Another major form of dimensionality reduction is manifold learning, which you can read about more in depth here.

Here we'll have a quick demo of one type of manifold learning, isomap embedding (documentation here). Similar to PCA, isomap embedding creates components that can be plotted in 2D space.

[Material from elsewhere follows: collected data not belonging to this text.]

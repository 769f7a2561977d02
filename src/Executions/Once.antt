-- ===== src/Executions/Once.antt =====
-- Who may act on an execution, and how often it ends: `update_execution_step` and
-- `complete_execution` of apps/api/apps/executions/services.py.
use Prim.Native.Nat.{ℕ}
use Prim.Native.String.{String}
use mathlib.Core.Path.{◌≡◌, refl}
use mathlib.Core.Bool.{true}
use mathlib.Core.Option.{Option, none, some}
use mathlib.Core.Logic.{inl, inr}
use native.Mathlib.Omega.{arith}
use runbook_platform.Prelude.Tests.{Bool-cases, Option-cases, nat_eq, string_eq, eq_iff}
use runbook_platform.Prelude.Tables.{find_row}
use runbook_platform.Prelude.Effects.{Result, ok, err}
use runbook_platform.Store.{World}
use runbook_platform.Executions.Model.{Execution, execution_row, ExecutionStep, step_row}
use runbook_platform.Executions.Steps.{
  StepUpdate, check_ownership, is_allowed, write_step, step_of, update_found_step, update_step_of,
  update_execution_step,
}
use runbook_platform.Changes.Completion.{token_text}

-- The caller is the runner that holds the claim.
pub record IsOwner (e : Execution) (runner_id claim_token : String) : Type 0 where
  pub same_runner : e.claimed_by_runner_id ≡ runner_id
  pub same_token : token_text e.claim_token ≡ claim_token

pub check_ownership-IsOwner :
    (e : Execution) (runner_id claim_token : String)
    → check_ownership e runner_id claim_token ≡ none
    → IsOwner e runner_id claim_token
unfolding check_ownership
check_ownership-IsOwner e runner_id claim_token h = record {
  same_runner = ground (arith, eq_iff e.claimed_by_runner_id runner_id);
  same_token = ground (arith, eq_iff (token_text e.claim_token) claim_token);
}

-- What a step update that returned had found.
pub record Updated (id : ℕ) (u : StepUpdate) (s : ExecutionStep) (w : World) : Type 0 where
  pub execution : Execution
  pub before : ExecutionStep
  pub execution_found : find_row id w.executions ≡ some execution
  pub owner : IsOwner execution u.runner_id u.claim_token
  pub step_found : step_of execution.id u.step_id w ≡ some before
  pub allowed : is_allowed u before.status ≡ true
  pub result : s ≡ write_step u before

module _ (id : ℕ) (u : StepUpdate) (w : World) where
  -- A raise changes nothing, and a return has gone through all checks.
  abbrev pub Answer : Result ExecutionStep × World → Type 0
  Answer (ok s, v) = Updated id u s w
  Answer (err error, v) = v ≡ w

  found-Answer :
      (e : Execution) (o : Option ExecutionStep)
      → find_row id w.executions ≡ some e
      → IsOwner e u.runner_id u.claim_token
      → step_of e.id u.step_id w ≡ o
      → Answer (update_found_step u e o w)
  unfolding update_found_step
  found-Answer e none at owner at_step = refl
  found-Answer e (some s) at owner at_step = elim (Bool-cases (is_allowed u s.status)) [
    | inr refused ↦ rw refused refl
    | inl a ↦ rw a (record {
      execution = e;
      before = s;
      execution_found = at;
      owner = owner;
      step_found = at_step;
      allowed = a;
      result = refl;
    })
  ]

  step-Answer :
      (o : Option Execution) → find_row id w.executions ≡ o → Answer (update_step_of u o w)
  unfolding update_step_of
  step-Answer none at = refl
  step-Answer (some e) at = elim (Option-cases (check_ownership e u.runner_id u.claim_token)) [
    | inl owned ↦
        rw (owned, update_step_of)
          (found-Answer e (step_of e.id u.step_id w) at
            (check_ownership-IsOwner e u.runner_id u.claim_token owned) refl)
    | inr (error, denied) ↦ rw (denied, update_step_of) refl
  ]

  -- A step update that raises leaves the database as it was; one that returns was made by the
  -- runner that holds the claim, on a step of that execution, along an allowed transition.
  pub update_execution_step-Answer : Answer (update_execution_step id u w)
  unfolding update_execution_step
  update_execution_step-Answer = step-Answer (find_row id w.executions) refl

# Run this cell without changes

from sklearn.manifold import Isomap

iso = Isomap(n_components=2)

iso.fit(X_train)

X_train_iso = iso.transform(X_train)
X_test_iso = iso.transform(X_test)

iso_model = LogisticRegression()

start = time.time()

iso_model.fit(X_train_iso, y_train)
iso_model_score = iso_model.score(X_test_iso, y_test)

end = time.time()
iso_time_taken = end - start

print("Model score with iso:", iso_model_score)
print("Model score with PCA:", pca_model_score)
print("Baseline model score:", baseline_model_score)
print()
print("Time taken with iso:", iso_time_taken)
print("Time taken with PCA:", pca_time_taken)
print("Baseline time taken:", baseline_time_taken)

As you can see, preprocessing with isomap embedding gets us slightly better performance than preprocessing with PCA with this particular dataset + model, while still being faster than the baseline.

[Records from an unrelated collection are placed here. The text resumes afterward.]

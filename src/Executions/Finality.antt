-- ===== src/Executions/Finality.antt =====
-- What the services of apps/api/apps/executions/services.py never undo: the outcome of an execution
-- that has ended, and the row of a step that has finished.
use Prim.Native.Nat.{ℕ}
use mathlib.Core.Path.{◌≡◌, refl, sym, subst}
use mathlib.Core.Bool.{true}
use mathlib.Core.Option.{Option, none, some}
use mathlib.Core.Logic.{inl, inr}
use native.Mathlib.Omega.{arith}
use runbook_platform.Prelude.Tests.{Bool-cases, Option-cases, nat_eq}
use runbook_platform.Prelude.Tables.{find_row, find_row_key, find_row-update_row_same, update_row}
use runbook_platform.Store.{World}
use runbook_platform.Executions.Model.{Execution, execution_row, ExecutionStep, step_row}
use runbook_platform.Executions.Events.{emit_step_transition_audit}
use runbook_platform.Executions.Steps.{
  StepUpdate, step_is_finished, is_allowed, write_step, starts_execution, started_or_same,
  write_started, step_of, apply_step_update, update_found_step, update_step_of,
  update_execution_step, check_ownership,
}
use runbook_platform.Executions.Completion.{is_outcome}

-- The same end, at the same instants.
pub record SameOutcome (f e : Execution) : Type 0 where
  pub status : f.status ≡ e.status
  pub started_at : f.started_at ≡ e.started_at
  pub finished_at : f.finished_at ≡ e.finished_at

-- What had ended before, in `w`, is in `v` as it was.
pub record KeepsFinal (v w : World) : Type 0 where
  pub executions :
      (k : ℕ) (e : Execution)
      → find_row k w.executions ≡ some e
      → is_outcome e.status ≡ true
      → (f : Execution) × (find_row k v.executions ≡ some f) × SameOutcome f e
  pub steps :
      (k : ℕ) (s : ExecutionStep)
      → find_row k w.steps ≡ some s
      → step_is_finished s.status ≡ true
      → find_row k v.steps ≡ some s

pub SameOutcome-refl : (e : Execution) → SameOutcome e e
SameOutcome-refl e = record { status = refl; started_at = refl; finished_at = refl }

pub KeepsFinal-refl : (w : World) → KeepsFinal w w
KeepsFinal-refl w = record {
  executions = λ k e found done. (e, found, SameOutcome-refl e);
  steps = λ k s found done. found;
}

id-write_step : (u : StepUpdate) (s : ExecutionStep) → (write_step u s).id ≡ s.id
unfolding write_step
id-write_step u s = ground arith

-- The writes of a step update.
module _ (u : StepUpdate) (e : Execution) (s : ExecutionStep) (w : World) where
  executions-apply :
      (apply_step_update u e s w).executions
      ≡ update_row e.id (started_or_same u (write_step u s)) w.executions
  unfolding apply_step_update emit_step_transition_audit
  executions-apply = ground arith

  steps-apply : (apply_step_update u e s w).steps ≡ update_row s.id (write_step u) w.steps
  unfolding apply_step_update emit_step_transition_audit
  steps-apply = ground arith

  keeps_started : (x : Execution) → (started_or_same u (write_step u s) x).id ≡ x.id
  unfolding starts_execution write_started
  keeps_started x = ground arith

  ended_not_started :
      (x : Execution) → is_outcome x.status ≡ true → started_or_same u (write_step u s) x ≡ x
  unfolding starts_execution
  ended_not_started x done = ground arith

  allowed_unfinished : is_allowed u s.status ≡ true → step_is_finished s.status ≡ true → ⊥
  unfolding is_allowed
  allowed_unfinished a f = ground arith

  apply-KeepsFinal :
      find_row s.id w.steps ≡ some s
      → is_allowed u s.status ≡ true
      → KeepsFinal (apply_step_update u e s w) w
  apply-KeepsFinal at allowed = record {
    executions = λ k x found done. (
      x,
      rw executions-apply (
          find_row-update_row_same k e.id (started_or_same u (write_step u s)) w.executions x
            keeps_started found (λ _. ended_not_started x done)),
      SameOutcome-refl x,
    );
    steps = λ k t found done. rw steps-apply (
        find_row-update_row_same k s.id (write_step u) w.steps t (id-write_step u) found
          (λ here. absurd (allowed_unfinished allowed (ground arith))));
  }

pub step_of_found :
    (execution_id step_id : ℕ) (s : ExecutionStep) (w : World)
    → step_of execution_id step_id w ≡ some s
    → find_row s.id w.steps ≡ some s
unfolding step_of
step_of_found execution_id step_id s w h =
    let found : find_row step_id w.steps ≡ some s = ground arith in
    subst (λ k. find_row k w.steps ≡ some s) (sym (find_row_key step_id w.steps s found)) found

module _ (u : StepUpdate) (w : World) where
  update_found_step-KeepsFinal :
      (e : Execution) (o : Option ExecutionStep)
      → step_of e.id u.step_id w ≡ o
      → KeepsFinal (update_found_step u e o w).1 w
  unfolding update_found_step
  update_found_step-KeepsFinal e none at = KeepsFinal-refl w
  update_found_step-KeepsFinal e (some s) at = elim (Bool-cases (is_allowed u s.status)) [
    | inl a ↦ rw a (apply-KeepsFinal u e s w (step_of_found e.id u.step_id s w at) a)
    | inr a ↦ rw a (KeepsFinal-refl w)
  ]

  update_step_of-KeepsFinal : (o : Option Execution) → KeepsFinal (update_step_of u o w).1 w
  unfolding update_step_of
  update_step_of-KeepsFinal none = KeepsFinal-refl w
  update_step_of-KeepsFinal (some e) =
      elim (Option-cases (check_ownership e u.runner_id u.claim_token)) [
        | inl owned ↦
            rw (owned, update_step_of)
              (update_found_step-KeepsFinal e (step_of e.id u.step_id w) refl)
        | inr (error, denied) ↦ rw (denied, update_step_of) (KeepsFinal-refl w)
      ]

  pub update_execution_step-KeepsFinal :
      (execution_id : ℕ) → KeepsFinal (update_execution_step execution_id u w).1 w
  unfolding update_execution_step
  update_execution_step-KeepsFinal execution_id =
      update_step_of-KeepsFinal (find_row execution_id w.executions)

This plot shows the components from the isomap embedding as well as the new decision boundaries:

# Run this cell without changes

# Combine all data into one df
X_all_iso = pd.concat([pd.DataFrame(X_train_iso), pd.DataFrame(X_test_iso)], axis=0)
X_all_iso.columns = ["Component 1", "Component 2"]
X_all_iso["target"] = pd.concat([y_train, y_test], axis=0).values

# Set up figure and axes
fig, ax = plt.subplots(figsize=(10, 8))
ax.grid()

# Scatter plot of all data points
colors = ["r", "g", "b"] # Setting up colors again in case they were edited earlier
for target_index in [0, 1, 2]:
    subset_rows = X_all_iso[X_all_iso["target"] == target_index]
    ax.scatter(subset_rows["Component 1"], subset_rows["Component 2"], c=colors[target_index])

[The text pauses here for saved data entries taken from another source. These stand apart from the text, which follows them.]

-- ===== src/Executions/Outcomes.antt =====
-- The ways in which apps/api/apps/executions/services.py ends an execution keep what had ended.
use Prim.Native.Nat.{ℕ}
use mathlib.Core.Path.{◌≡◌, refl, sym, subst, ◌∙◌}
use mathlib.Core.Bool.{true, false, false≢true}
use mathlib.Core.Option.{Option, none, some}
use native.Mathlib.Omega.{arith}
use runbook_platform.Prelude.Tests.{nat_eq}
use runbook_platform.Prelude.Tables.{find_row, find_row_key, find_row-update_row_same, update_row}
use runbook_platform.Prelude.Effects.{continue, Result, ok, err, ◌>>=◌, commit_or_rollback}
use runbook_platform.Audit.{AuditActor, actor_or, system_actor}
use runbook_platform.Store.{World, Service}
use runbook_platform.Executions.Model.{
  Execution, execution_row, ExecutionStatus, ExecutionStep, step_row,
}
use runbook_platform.Executions.Completion.{
  is_outcome, write_finished, announce_end, write_cancel_request, cancel_by_status,
  cancel_execution, locked,
}
use runbook_platform.Executions.Finality.{SameOutcome-refl, KeepsFinal, KeepsFinal-refl}
use runbook_platform.Executions.Steps.{step_is_finished}

pub KeepsFinal-trans : {u v w : World} → KeepsFinal u v → KeepsFinal v w → KeepsFinal u w
KeepsFinal-trans {u} {v} {w} a b = record {
  executions = λ k e found done.
      let (f, at, same) = b.executions k e found done in
      let (g, at', same') = a.executions k f at (rw same.status done) in
      (
        g,
        at',
        record {
          status = same'.status ∙ same.status;
          started_at = same'.started_at ∙ same.started_at;
          finished_at = same'.finished_at ∙ same.finished_at;
        },
      );
  steps = λ k s found done. a.steps k s (b.steps k s found done) done;
}

pub id-write_finished :
    (o : ExecutionStatus) (now : ℕ) (e : Execution) → (write_finished o now e).id ≡ e.id
unfolding write_finished
id-write_finished o now e = ground arith

pub KeepsFinal-same :
    {v w : World} → v.executions ≡ w.executions → v.steps ≡ w.steps → KeepsFinal v w
KeepsFinal-same es ss = record {
  executions = λ k e found done. (e, rw es found, SameOutcome-refl e);
  steps = λ k s found done. rw ss found;
}

-- A write to an execution that has not ended, with writes to unfinished steps.
pub write_open_steps-KeepsFinal :
    (e : Execution) (f : Execution → Execution) (v w : World)
    → ((x : Execution) → (f x).id ≡ x.id)
    → find_row e.id w.executions ≡ some e
    → is_outcome e.status ≡ false
    → v.executions ≡ update_row e.id f w.executions
    → ((k : ℕ) (s : ExecutionStep)
        → find_row k w.steps ≡ some s
        → step_is_finished s.status ≡ true
        → find_row k v.steps ≡ some s)
    → KeepsFinal v w
write_open_steps-KeepsFinal e f v w keeps at open_yet es ss = record {
  executions = λ k x found done. (
    x,
    rw es (
        find_row-update_row_same k e.id f w.executions x keeps found
          (λ here. absurd (false≢true (ground arith)))),
    SameOutcome-refl x,
  );
  steps = ss;
}

pub write_open-KeepsFinal :
    (e : Execution) (f : Execution → Execution) (v w : World)
    → ((x : Execution) → (f x).id ≡ x.id)
    → find_row e.id w.executions ≡ some e
    → is_outcome e.status ≡ false
    → v.executions ≡ update_row e.id f w.executions
    → v.steps ≡ w.steps
    → KeepsFinal v w
write_open-KeepsFinal e f v w keeps at open_yet es ss =
    write_open_steps-KeepsFinal e f v w keeps at open_yet es (λ k s found done. rw ss found)

cancel_by_status-KeepsFinal :
    (s : ExecutionStatus) (e : Execution) (actor : AuditActor) (now : ℕ) (w : World)
    → e.status ≡ s
    → find_row e.id w.executions ≡ some e
    → KeepsFinal (cancel_by_status s e actor now w).1 w
unfolding cancel_by_status announce_end
cancel_by_status-KeepsFinal ExecutionStatus.queued e actor now w is at =
    write_open-KeepsFinal e (λ x. record x { status = ExecutionStatus.cancelled }) _ w (λ x. refl)
      at (rw is) refl refl
cancel_by_status-KeepsFinal ExecutionStatus.claimed e actor now w is at =
    write_open-KeepsFinal e (write_cancel_request actor now) _ w
      (λ x. unfold write_cancel_request in refl) at (rw is) refl refl
cancel_by_status-KeepsFinal ExecutionStatus.running e actor now w is at =
    write_open-KeepsFinal e (write_cancel_request actor now) _ w
      (λ x. unfold write_cancel_request in refl) at (rw is) refl refl
cancel_by_status-KeepsFinal _ e actor now w is at = KeepsFinal-refl w

-- Locking reads a row by its key.
module _ {B : Type 0} (f : Execution → Service B) (id : ℕ) (w : World) where
  pub locked-KeepsFinal :
      (o : Option Execution)
      → find_row id w.executions ≡ o
      → ((e : Execution) → find_row e.id w.executions ≡ some e → KeepsFinal (f e w).1 w)
      → KeepsFinal ((locked id >>= f) w).1 w
  unfolding locked
  locked-KeepsFinal none at kf = rw (at, locked) (KeepsFinal-refl w)
  locked-KeepsFinal (some e) at kf =
      rw (at, locked)
        (kf e (
          subst (λ k. find_row k w.executions ≡ some e) (sym (find_row_key id w.executions e at))
            at))

pub cancel_execution-KeepsFinal :
    (id : ℕ) (actor : Option AuditActor) (now : ℕ) (w : World)
    → KeepsFinal (cancel_execution id actor now w).1 w
unfolding cancel_execution
cancel_execution-KeepsFinal id actor now w =
    locked-KeepsFinal
      (λ e. cancel_by_status e.status e (actor_or actor (system_actor "Django system")) now) id w _
      refl (λ e at. cancel_by_status-KeepsFinal e.status e _ now w refl at)

module _ (w : World) where
  pub rollback-KeepsFinal :
      {A : Type 0} (r : Result A) (v : World)
      → KeepsFinal v w
      → KeepsFinal (commit_or_rollback w r v).1 w
  rollback-KeepsFinal (ok a) v h = h
  rollback-KeepsFinal (err e) v h = KeepsFinal-refl w

  pub continue-KeepsFinal :
      {A B : Type 0} (f : A → Service B) (r : Result A) (v : World)
      → KeepsFinal v w
      → ((a : A) → KeepsFinal (f a v).1 v)
      → KeepsFinal (continue r f v).1 w
  continue-KeepsFinal f (ok a) v h after = KeepsFinal-trans (after a) h
  continue-KeepsFinal f (err e) v h after = h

# Get bounds and set step size for mesh grid
x_min, x_max = ax.get_xlim()
y_min, y_max = ax.get_ylim()
h = 0.01

# Build mesh grid
xx, yy = np.meshgrid(np.arange(x_min, x_max, h), np.arange(y_min, y_max, h))
Z = iso_model.predict(np.c_[xx.ravel(), yy.ravel()])
Z = Z.reshape(xx.shape)

# Plot filled contour
ax.contourf(xx, yy, Z, alpha=0.25, cmap="Greys")

# Customize labels
ax.set_xlabel('First Component ', fontsize = 15)
ax.set_ylabel('Second Component ', fontsize = 15)
ax.set_title('Isometric Embedded Iris Dataset with Decision Boundaries', fontsize = 20)
ax.legend(iris.target_names, fontsize=15);

Summary

In this lab, you applied PCA to the popular Iris Dataset in the context of a machine learning workflow. You looked at the performance of a simple classifier and the impact of PCA on the accuracy of the model and the time it took to run the model. You also used both PCA and isometric embedding to view higher-dimensional data in two dimensions, as well as the associated classifier decision boundaries.